Events are high-churn and often repetitive.

Special handling:

  • Mirror Event reason, type, involved object, reporting controller, count, and first/last timestamp into facts.
  • Fingerprint messages to control cardinality.
  • Write count changes as Event rollup change summaries so investigation results show repeated Event progression even after native Events expire.
  • Roll up repeated Events with the same involved object, reason, and message fingerprint inside a short time bucket.
  • Write change summaries when an Event rollup bucket is opened, materially incremented, or closed.
  • Keep raw Event versions only according to retention policy; facts are the primary query path after native Kubernetes Event expiry.

EndpointSlices are the preferred source for Service membership.

Special handling:

  • Extract namespace-qualified Service -> Pod edges from endpoints[*].targetRef.
  • Extract endpoint readiness, serving, and terminating state as facts when present.
  • Store edge interval changes instead of repeatedly writing identical service membership.
  • Write change summaries for membership added/removed and readiness transitions.
  • Treat endpoint address churn without targetRef changes as lower priority unless it affects readiness or topology evidence.
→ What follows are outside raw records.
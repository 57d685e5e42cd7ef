-- ===== src/Uploads.antt =====
-- apps/api/evidencedesk_api/uploads.py, `validate_upload`, and `build_storage_key` of storage.py.
-- `hashlib.sha256` is the parameter `sha256`, from the bytes to the number that the digest spells.
pub mod Accepted
pub mod Acceptable
use evidencedesk.Prelude.{
  ℕ, Text, Bytes, Bool, true, false, Option, none, some, List, [], ◌∷◌, ◌&&◌, ◌||◌, ltb,
  if◌then◌else◌, codes, length, not,
}
use evidencedesk.Db.{MediaType, Suffix, StorageKey}
use evidencedesk.Python.Strings.{strip, replace, contains, same, starts_with, lower, is_blank}
use evidencedesk.Python.PosixPath.{name, suffix}
use evidencedesk.Python.Utf8.{decode}

-- The code of an `UploadRejected`.
pub data Rejection : Type 0 where
  empty_file file_too_large unsupported_type invalid_signature invalid_text : Rejection

pub record ValidatedUpload : Type 0 where
  pub safe_filename : Text
  pub media_type : MediaType
  pub sha256 : ℕ
  pub content : Bytes

pub data Verdict : Type 0 where
  accepted : ValidatedUpload → Verdict
  rejected : Rejection → Verdict

-- A key of `_MEDIA_TYPES`.
unfoldable pub known_suffix : Text → Option Suffix
unfolding same
known_suffix s =
    if same s (codes ".pdf")
    then some Suffix.pdf
    else if same s (codes ".txt")
    then some Suffix.txt
    else if same s (codes ".md")
    then some Suffix.md
    else none

abbrev pub media_of : Suffix → MediaType
media_of Suffix.pdf = MediaType.application_pdf
media_of Suffix.txt = MediaType.text_plain
media_of Suffix.md = MediaType.text_markdown

-- The content types that `_MEDIA_TYPES` lets a client declare for a suffix.
unfoldable pub declarable : Suffix → Text → Bool
unfolding same
declarable Suffix.pdf t = same t (codes "application/pdf")
declarable Suffix.txt t = same t (codes "text/plain") || same t (codes "application/octet-stream")
declarable Suffix.md t =
    same t (codes "text/markdown")
    || same t (codes "text/plain")
    || same t (codes "application/octet-stream")

unfoldable pub safe_filename : Text → Text
unfolding name replace
safe_filename filename = name (replace 0x5c b'/' filename)

unfoldable pub suffix_of : Text → Option Suffix
unfolding known_suffix lower suffix
suffix_of safe = known_suffix (lower (suffix safe))

-- The text passes, or the code of its rejection.
unfoldable pub check_text : Option Text → Option Rejection
unfolding contains is_blank
check_text none = some Rejection.invalid_text
check_text (some decoded) =
    if contains 0 decoded || is_blank decoded then some Rejection.invalid_text else none

unfoldable pub check_content : Suffix → Bytes → Option Rejection
unfolding starts_with check_text decode
check_content Suffix.pdf content =
    if starts_with content (codes "%PDF-") then none else some Rejection.invalid_signature
check_content Suffix.txt content = check_text (decode content)
check_content Suffix.md content = check_text (decode content)

module _ (sha256 : Bytes → ℕ) where
  abbrev verdict : Text → Bytes → Suffix → Option Rejection → Verdict
  verdict safe content s (some code) = Verdict.rejected code
  verdict safe content s none = Verdict.accepted (record {
    safe_filename = safe;
    media_type = media_of s;
    sha256 = sha256 content;
    content = content;
  })

  abbrev typed : Text → Text → Bytes → Option Suffix → Verdict
  typed safe declared content none = Verdict.rejected Rejection.unsupported_type
  typed safe declared content (some s) =
      if declarable s declared
      then verdict safe content s (check_content s content)
      else Verdict.rejected Rejection.unsupported_type

  abbrev sized : Text → Text → Bytes → Verdict
  sized filename declared content =
      typed (safe_filename filename) declared content (suffix_of (safe_filename filename))

  unfoldable pub validate_upload : Text → Text → Bytes → ℕ → Verdict
  validate_upload filename declared_content_type [] max_bytes =
      Verdict.rejected Rejection.empty_file
  validate_upload filename declared_content_type (b ∷ content) max_bytes =
      if ltb max_bytes (length (b ∷ content))
      then Verdict.rejected Rejection.file_too_large
      else sized filename declared_content_type (b ∷ content)

-- `build_storage_key`: `none` is its `ValueError`.
unfoldable pub build_storage_key : ℕ → Text → Option StorageKey
unfolding suffix_of safe_filename
build_storage_key document_id original_filename =
    elim (suffix_of (safe_filename original_filename)) [
      | none ↦ none
      | some s ↦ some (record { owner = document_id; suffix = s })
    ]
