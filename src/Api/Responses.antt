-- ===== src/Api/Responses.antt =====
-- main.py: how a handler ends.
use evidencedesk.Prelude.{ℕ}
use evidencedesk.Uploads.{Rejection}

-- The `code` in the detail of an `HTTPException`.
pub data Detail : Type 0 where
  authentication_required invalid_token forbidden invalid_credentials dossier_not_found
        document_not_found synthetic_attestation_required public_demo_file_not_approved
        queue_unavailable :
      Detail
  upload_rejected : Rejection → Detail

-- A value with its status, an `HTTPException`, or an exception that no handler catches.
pub data Response (A : Type 0) : Type 0 where
  reply : ℕ → A → Response A
  refused : ℕ → Detail → Response A
  crashed : Response A
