-- ===== src/Api/Access.antt =====
-- main.py: `login`, `current_user` and `require_action`.
pub mod Sessions
use evidencedesk.Prelude.{ℕ, ◌*◌, Text, Option, none, some, List, [], ◌∷◌, not, ◌||◌, if◌then◌else◌}
use evidencedesk.Auth.{Action, UserPrincipal, same_role, role_allows}
use evidencedesk.Security.{Codec, create_access_token, decode_access_token, microseconds}
use evidencedesk.Python.Strings.{same}
use evidencedesk.Db.{User, Desk, AuditEvent, AuditAction, AuditResult, Metadata}
use evidencedesk.Db.Rows.{add_audit}
use evidencedesk.Db.Table.{find}
use evidencedesk.Api.Responses.{Detail, Response, reply, refused}

abbrev pub user_key : User → ℕ
user_key u = u.id

-- `select(User).where(User.username == form.username)`
unfoldable pub find_username : Text → List User → Option User
unfolding same
find_username name [] = none
find_username name (u ∷ users) = if same u.username name then some u else find_username name users

module _ (codec : Codec) (secret : Text) (now : ℕ) where
  abbrev pub confirmed : UserPrincipal → Option User → Response UserPrincipal
  confirmed principal none = refused 401 Detail.invalid_token
  confirmed principal (some user) =
      if not user.is_active || not (same_role user.role principal.role)
      then refused 401 Detail.invalid_token
      else reply 200 principal

  abbrev pub authenticated : Desk → Option UserPrincipal → Response UserPrincipal
  authenticated desk none = refused 401 Detail.invalid_token
  authenticated desk (some principal) = confirmed principal (find user_key principal.id desk.users)

  -- `current_user`, with the credentials of the request if there are any
  unfoldable pub current_user : Option Text → Desk → Response UserPrincipal
  unfolding decode_access_token find
  current_user none desk = refused 401 Detail.authentication_required
  current_user (some credentials) desk =
      authenticated desk (decode_access_token codec credentials secret now now)

  abbrev pub login_event : Option ℕ → AuditResult → ℕ → AuditEvent
  login_event actor result correlation_id = record {
    actor_id = actor;
    action = AuditAction.auth_login;
    document_id = none;
    result = result;
    correlation_id = correlation_id;
    metadata_safe = Metadata.nothing;
  }

  abbrev pub principal_of_user : User → UserPrincipal
  principal_of_user user = record { id = user.id; username = user.username; role = user.role }

  abbrev pub login_user : Text → ℕ → ℕ → Option User → Desk → Response Text × Desk
  login_user password access_token_minutes correlation_id none desk = (
    refused 401 Detail.invalid_credentials,
    add_audit (login_event none AuditResult.denied correlation_id) desk,
  )
  login_user password access_token_minutes correlation_id (some user) desk =
      if not user.is_active || not (codec.verify_password password user.password_hash)
      then (
        refused 401 Detail.invalid_credentials,
        add_audit (login_event (some user.id) AuditResult.denied correlation_id) desk,
      )
      else (
        reply 200 (
            create_access_token codec (principal_of_user user) secret now
              (access_token_minutes * 60 * microseconds)),
        add_audit (login_event (some user.id) AuditResult.success correlation_id) desk,
      )

  -- `login`: the token of the response
  unfoldable pub login : Text → Text → ℕ → ℕ → Desk → Response Text × Desk
  unfolding create_access_token find_username
  login username password access_token_minutes correlation_id desk =
      login_user password access_token_minutes correlation_id (find_username username desk.users)
        desk

-- The dependency of `require_action(action)`, once the user is known
unfoldable pub require_action : Action → UserPrincipal → ℕ → Desk → Response UserPrincipal × Desk
unfolding role_allows
require_action action principal correlation_id desk =
    if role_allows principal.role action then (reply 200 principal, desk) else (
      refused 403 Detail.forbidden,
      add_audit
          (record {
            actor_id = some principal.id;
            action = AuditAction.authorization_denied;
            document_id = none;
            result = AuditResult.denied;
            correlation_id = correlation_id;
            metadata_safe = Metadata.requested_action action;
          })
          desk,
    )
Leases are usually high-churn and low troubleshooting value.

Special handling:

  • Skip by default in the PoC, or downsample aggressively when enabled.
  • Never let Lease churn starve Pod, Event, Node, or EndpointSlice processing.
  • Record skipped/downsampled counts by GVR for transparency.

Identity resolution:

cluster_id + kind_id + metadata.uid

Fallback:

cluster_id + kind_id + namespace + name

Delete/recreate with a new UID should become a new object while keeping the same human-readable key.

Source:

Pod.spec.nodeName

Edge:

pod_on_node

Source:

Pod.metadata.ownerReferences

Edge:

pod_owned_by_replicaset

Source:

ReplicaSet.metadata.ownerReferences

Edge:

replicaset_owned_by_deployment

Preferred source:

EndpointSlice.endpoints[*].targetRef

Edges:

endpointslice_targets_pod
service_selects_pod

Selector-based matching is fallback only.

Sources:

volumes[*].configMap
volumes[*].secret
volumes[*].persistentVolumeClaim
envFrom[*].configMapRef
envFrom[*].secretRef
env[*].valueFrom.configMapKeyRef
env[*].valueFrom.secretKeyRef

Extract:

  • status.phase
  • container restart count changes
  • state.*.reason
  • lastState.*.reason
  • readiness condition transitions
  • start time and deletion time
  • QoS class

High severity:

OOMKilled
Evicted
Preempted
CrashLoopBackOff
ImagePullBackOff
Ready=False

Extract from Pod template:

  • image
  • env and envFrom refs
  • ConfigMap and Secret refs
  • CPU/memory requests and limits
  • liveness/readiness/startup probes
  • labels and annotations that affect selection

Write config facts only on changes.

Extract:

  • Ready
  • MemoryPressure
  • DiskPressure
  • PIDPressure
  • NetworkUnavailable when present

Write facts on transitions.

Mirror Kubernetes Events into object_facts:

  • reason
  • type
  • involved object
  • message fingerprint
  • bounded message preview
  • action
  • reporting controller and instance
  • count
  • series count
  • first/last timestamp

Keep enough message data to search quickly, but avoid indexing unbounded raw messages. Use k8s_event.message_preview for triage and retained JSON for full proof text.

Generate object_changes from semantic diff summaries:

  • spec image/resource/probe changes
  • selector changes
  • owner reference changes
  • scheduling and placement changes
  • status condition transitions

This supports timeline UI and fast “what changed near this time” queries.

Every extractor must be deterministic enough that facts and edges can be rebuilt from stored versions.

Extractor version should be recorded so changes can trigger selective rebuilds.